WHAT THE TASK ASKS ▸ Once you find the line containing "perform ob m (adds finding_types_by_uuid" in the data below, copy it and each following line exactly, up to and including the line containing "perform ob m (deletes findings_by_uuid", and nothing else.

TASK INPUT ▸
* * * * * * * * *

-- ===== src/Model/Calls.antt =====
-- pkg/model/structure.go: a client's calls, of whatever method, as data.
use modelsrv.Prelude.{Option, List, [], ◌∷◌}
use modelsrv.Event.{Uuid}
use modelsrv.Model.Stores.{
  Store, node_types_by_uuid, nodes_by_uuid, contexts_by_uuid, context_types_by_uuid,
  systems_by_uuid, apis_by_uuid, components_by_uuid, system_instances_by_uuid,
  api_instances_by_uuid, component_instances_by_uuid, findings_by_uuid, finding_types_by_uuid,
  artifacts_by_uuid, artifact_instances_by_uuid, org_units_by_uuid, groups_by_uuid,
  identities_by_uuid, permission_specs_by_uuid, role_specs_by_uuid, permissions_by_uuid,
  roles_by_uuid, bindings_by_uuid, products_by_uuid, filter_rules_by_uuid, merge_rules_by_uuid,
  capabilities_by_uuid, parameters_by_uuid, capacity_resource_types_by_uuid, capacities_by_uuid,
}
use modelsrv.Model.State.{ModelData, Objects, Result, after}
use modelsrv.Model.Landscape.{
  add_node, delete_node_by_id, get_node_by_id, get_nodes, add_node_type, delete_node_type_by_id,
  get_node_type_by_id, get_node_types, add_context, delete_context_by_id, get_context_by_id,
  get_contexts, add_context_type, delete_context_type_by_id, get_context_type_by_id,
  get_context_types, add_system, delete_system_by_id, get_systems, get_system_by_id,
  add_system_instance, delete_system_instance_by_id, get_system_instance_by_id,
  get_system_instances, add_api, delete_api_by_id, get_api_by_id, get_apis, add_api_instance,
  delete_api_instance_by_id, get_api_instance_by_id, get_api_instances, add_component,
  delete_component_by_id, get_component_by_id, get_components, add_component_instance,
  delete_component_instance_by_id, get_component_instance_by_id, get_component_instances,
}
use modelsrv.Model.Access.{
  add_org_unit, delete_org_unit, get_org_unit_by_id, get_org_units, add_group, delete_group,
  get_group_by_id, get_groups, add_identity, delete_identity, get_identities, get_identity_by_id,
  add_permission_spec, delete_permission_spec, get_permission_specs, get_permission_spec_by_id,
  add_role_spec, delete_role_spec, get_role_specs, get_role_spec_by_id, add_permission,
  delete_permission, get_permissions, get_permission_by_id, add_role, delete_role, get_roles,
  get_role_by_id, add_binding, delete_binding, get_bindings, get_binding_by_id,
}
use modelsrv.Model.Catalog.{
  add_finding_type, delete_finding_type_by_id, get_finding_type_by_id, get_finding_types,
  add_artifact, delete_artifact_by_id, get_artifacts, get_artifact_by_id, add_artifact_instance,
  delete_artifact_instance_by_id, get_artifact_instances, get_artifact_instance_by_id, add_product,
  delete_product_by_id, get_product_by_id, get_products, add_filter_rule, delete_filter_rule_by_id,
  get_filter_rule_by_id, get_filter_rules, add_merge_rule, delete_merge_rule_by_id,
  get_merge_rule_by_id, get_merge_rules, add_capability, delete_capability_by_id,
  get_capability_by_id, get_capabilities, add_parameter, delete_parameter_by_id,
  get_parameter_by_id, get_parameters, add_capacity_resource_type,
  delete_capacity_resource_type_by_id, get_capacity_resource_type_by_id,
  get_capacity_resource_types, get_findings, get_finding_by_id, get_capacity_by_id, get_capacities,
}
use modelsrv.Model.Findings.{add_finding, delete_finding_by_id}
use modelsrv.Model.Capacities.{add_capacity, delete_capacity_by_id}

-- An object for one of the maps, and the identifier of one to delete.
pub data Call (O : Type 0) : Type 0 where
  adds : Store → O → Call O
  deletes : Store → Uuid → Call O

module _ {O : Type 0} where
  -- The method for the map.
  unfoldable pub perform : Objects O → ModelData O → Call O → Result (ModelData O)
  perform ob m (adds node_types_by_uuid obj) = add_node_type ob m obj
  perform ob m (adds nodes_by_uuid obj) = add_node ob m obj
  perform ob m (adds contexts_by_uuid obj) = add_context ob m obj
  perform ob m (adds context_types_by_uuid obj) = add_context_type ob m obj
  perform ob m (adds systems_by_uuid obj) = add_system ob m obj
  perform ob m (adds apis_by_uuid obj) = add_api ob m obj
  perform ob m (adds components_by_uuid obj) = add_component ob m obj
  perform ob m (adds system_instances_by_uuid obj) = add_system_instance ob m obj
  perform ob m (adds api_instances_by_uuid obj) = add_api_instance ob m obj
  perform ob m (adds component_instances_by_uuid obj) = add_component_instance ob m obj
  perform ob m (adds findings_by_uuid obj) = add_finding ob m obj
  perform ob m (adds finding_types_by_uuid obj) = add_finding_type ob m obj
  perform ob m (adds artifacts_by_uuid obj) = add_artifact ob m obj
  perform ob m (adds artifact_instances_by_uuid obj) = add_artifact_instance ob m obj
  perform ob m (adds org_units_by_uuid obj) = add_org_unit ob m obj
  perform ob m (adds groups_by_uuid obj) = add_group ob m obj
  perform ob m (adds identities_by_uuid obj) = add_identity ob m obj
  perform ob m (adds permission_specs_by_uuid obj) = add_permission_spec ob m obj
  perform ob m (adds role_specs_by_uuid obj) = add_role_spec ob m obj
  perform ob m (adds permissions_by_uuid obj) = add_permission ob m obj
  perform ob m (adds roles_by_uuid obj) = add_role ob m obj
  perform ob m (adds bindings_by_uuid obj) = add_binding ob m obj
  perform ob m (adds products_by_uuid obj) = add_product ob m obj
  perform ob m (adds filter_rules_by_uuid obj) = add_filter_rule ob m obj
  perform ob m (adds merge_rules_by_uuid obj) = add_merge_rule ob m obj
  perform ob m (adds capabilities_by_uuid obj) = add_capability ob m obj
  perform ob m (adds parameters_by_uuid obj) = add_parameter ob m obj
  perform ob m (adds capacity_resource_types_by_uuid obj) = add_capacity_resource_type ob m obj
  perform ob m (adds capacities_by_uuid obj) = add_capacity ob m obj
  perform ob m (deletes node_types_by_uuid id) = delete_node_type_by_id m id
  perform ob m (deletes nodes_by_uuid id) = delete_node_by_id m id
  perform ob m (deletes contexts_by_uuid id) = delete_context_by_id m id
  perform ob m (deletes context_types_by_uuid id) = delete_context_type_by_id m id
  perform ob m (deletes systems_by_uuid id) = delete_system_by_id m id
  perform ob m (deletes apis_by_uuid id) = delete_api_by_id m id
  perform ob m (deletes components_by_uuid id) = delete_component_by_id m id
  perform ob m (deletes system_instances_by_uuid id) = delete_system_instance_by_id m id
  perform ob m (deletes api_instances_by_uuid id) = delete_api_instance_by_id m id
  perform ob m (deletes component_instances_by_uuid id) = delete_component_instance_by_id m id
  perform ob m (deletes findings_by_uuid id) = delete_finding_by_id ob m id
  perform ob m (deletes finding_types_by_uuid id) = delete_finding_type_by_id m id
  perform ob m (deletes artifacts_by_uuid id) = delete_artifact_by_id m id
  perform ob m (deletes artifact_instances_by_uuid id) = delete_artifact_instance_by_id m id
  perform ob m (deletes org_units_by_uuid id) = delete_org_unit m id
  perform ob m (deletes groups_by_uuid id) = delete_group m id
  perform ob m (deletes identities_by_uuid id) = delete_identity m id
  perform ob m (deletes permission_specs_by_uuid id) = delete_permission_spec m id
  perform ob m (deletes role_specs_by_uuid id) = delete_role_spec m id
  perform ob m (deletes permissions_by_uuid id) = delete_permission m id
  perform ob m (deletes roles_by_uuid id) = delete_role m id
  perform ob m (deletes bindings_by_uuid id) = delete_binding m id
  perform ob m (deletes products_by_uuid id) = delete_product_by_id m id
  perform ob m (deletes filter_rules_by_uuid id) = delete_filter_rule_by_id m id
  perform ob m (deletes merge_rules_by_uuid id) = delete_merge_rule_by_id m id
  perform ob m (deletes capabilities_by_uuid id) = delete_capability_by_id m id
  perform ob m (deletes parameters_by_uuid id) = delete_parameter_by_id m id
  perform ob m (deletes capacity_resource_types_by_uuid id) =
      delete_capacity_resource_type_by_id m id
  perform ob m (deletes capacities_by_uuid id) = delete_capacity_by_id ob m id

  unfoldable pub get_by_id : ModelData O → Store → Uuid → Option O
  get_by_id m node_types_by_uuid id = get_node_type_by_id m id
  get_by_id m nodes_by_uuid id = get_node_by_id m id
  get_by_id m contexts_by_uuid id = get_context_by_id m id
  get_by_id m context_types_by_uuid id = get_context_type_by_id m id
  get_by_id m systems_by_uuid id = get_system_by_id m id
  get_by_id m apis_by_uuid id = get_api_by_id m id
  get_by_id m components_by_uuid id = get_component_by_id m id
  get_by_id m system_instances_by_uuid id = get_system_instance_by_id m id
  get_by_id m api_instances_by_uuid id = get_api_instance_by_id m id
  get_by_id m component_instances_by_uuid id = get_component_instance_by_id m id
  get_by_id m findings_by_uuid id = get_finding_by_id m id
  get_by_id m finding_types_by_uuid id = get_finding_type_by_id m id
  get_by_id m artifacts_by_uuid id = get_artifact_by_id m id
  get_by_id m artifact_instances_by_uuid id = get_artifact_instance_by_id m id
  get_by_id m org_units_by_uuid id = get_org_unit_by_id m id
  get_by_id m groups_by_uuid id = get_group_by_id m id
  get_by_id m identities_by_uuid id = get_identity_by_id m id
  get_by_id m permission_specs_by_uuid id = get_permission_spec_by_id m id
  get_by_id m role_specs_by_uuid id = get_role_spec_by_id m id
  get_by_id m permissions_by_uuid id = get_permission_by_id m id
  get_by_id m roles_by_uuid id = get_role_by_id m id
  get_by_id m bindings_by_uuid id = get_binding_by_id m id
  get_by_id m products_by_uuid id = get_product_by_id m id
  get_by_id m filter_rules_by_uuid id = get_filter_rule_by_id m id
  get_by_id m merge_rules_by_uuid id = get_merge_rule_by_id m id
  get_by_id m capabilities_by_uuid id = get_capability_by_id m id
  get_by_id m parameters_by_uuid id = get_parameter_by_id m id
  get_by_id m capacity_resource_types_by_uuid id = get_capacity_resource_type_by_id m id
  get_by_id m capacities_by_uuid id = get_capacity_by_id m id

  unfoldable pub get_all : ModelData O → Store → List O
  get_all m node_types_by_uuid = get_node_types m
  get_all m nodes_by_uuid = get_nodes m
  get_all m contexts_by_uuid = get_contexts m
  get_all m context_types_by_uuid = get_context_types m
  get_all m systems_by_uuid = get_systems m
  get_all m apis_by_uuid = get_apis m
  get_all m components_by_uuid = get_components m
  get_all m system_instances_by_uuid = get_system_instances m
  get_all m api_instances_by_uuid = get_api_instances m
  get_all m component_instances_by_uuid = get_component_instances m
  get_all m findings_by_uuid = get_findings m
  get_all m finding_types_by_uuid = get_finding_types m
  get_all m artifacts_by_uuid = get_artifacts m
  get_all m artifact_instances_by_uuid = get_artifact_instances m
  get_all m org_units_by_uuid = get_org_units m
  get_all m groups_by_uuid = get_groups m
  get_all m identities_by_uuid = get_identities m
  get_all m permission_specs_by_uuid = get_permission_specs m
  get_all m role_specs_by_uuid = get_role_specs m
  get_all m permissions_by_uuid = get_permissions m
  get_all m roles_by_uuid = get_roles m
  get_all m bindings_by_uuid = get_bindings m
  get_all m products_by_uuid = get_products m
  get_all m filter_rules_by_uuid = get_filter_rules m
  get_all m merge_rules_by_uuid = get_merge_rules m
  get_all m capabilities_by_uuid = get_capabilities m
  get_all m parameters_by_uuid = get_parameters m
  get_all m capacity_resource_types_by_uuid = get_capacity_resource_types m
  get_all m capacities_by_uuid = get_capacities m

  unfoldable pub perform_all : Objects O → ModelData O → List (Call O) → ModelData O
  perform_all ob m [] = m
  perform_all ob m (c ∷ cs) = perform_all ob (after m (perform ob m c)) cs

* * * * * * * * *

ANSWER SPACE ▸
  perform ob m (adds finding_types_by_uuid obj) = add_finding_type ob m obj
  perform ob m (adds artifacts_by_uuid obj) = add_artifact ob m obj
  perform ob m (adds artifact_instances_by_uuid obj) = add_artifact_instance ob m obj
  perform ob m (adds org_units_by_uuid obj) = add_org_unit ob m obj
  perform ob m (adds groups_by_uuid obj) = add_group ob m obj
  perform ob m (adds identities_by_uuid obj) = add_identity ob m obj
  perform ob m (adds permission_specs_by_uuid obj) = add_permission_spec ob m obj
  perform ob m (adds role_specs_by_uuid obj) = add_role_spec ob m obj
  perform ob m (adds permissions_by_uuid obj) = add_permission ob m obj
  perform ob m (adds roles_by_uuid obj) = add_role ob m obj
  perform ob m (adds bindings_by_uuid obj) = add_binding ob m obj
  perform ob m (adds products_by_uuid obj) = add_product ob m obj
  perform ob m (adds filter_rules_by_uuid obj) = add_filter_rule ob m obj
  perform ob m (adds merge_rules_by_uuid obj) = add_merge_rule ob m obj
  perform ob m (adds capabilities_by_uuid obj) = add_capability ob m obj
  perform ob m (adds parameters_by_uuid obj) = add_parameter ob m obj
  perform ob m (adds capacity_resource_types_by_uuid obj) = add_capacity_resource_type ob m obj
  perform ob m (adds capacities_by_uuid obj) = add_capacity ob m obj
  perform ob m (deletes node_types_by_uuid id) = delete_node_type_by_id m id
  perform ob m (deletes nodes_by_uuid id) = delete_node_by_id m id
  perform ob m (deletes contexts_by_uuid id) = delete_context_by_id m id
  perform ob m (deletes context_types_by_uuid id) = delete_context_type_by_id m id
  perform ob m (deletes systems_by_uuid id) = delete_system_by_id m id
  perform ob m (deletes apis_by_uuid id) = delete_api_by_id m id
  perform ob m (deletes components_by_uuid id) = delete_component_by_id m id
  perform ob m (deletes system_instances_by_uuid id) = delete_system_instance_by_id m id
  perform ob m (deletes api_instances_by_uuid id) = delete_api_instance_by_id m id
  perform ob m (deletes component_instances_by_uuid id) = delete_component_instance_by_id m id
  perform ob m (deletes findings_by_uuid id) = delete_finding_by_id ob m id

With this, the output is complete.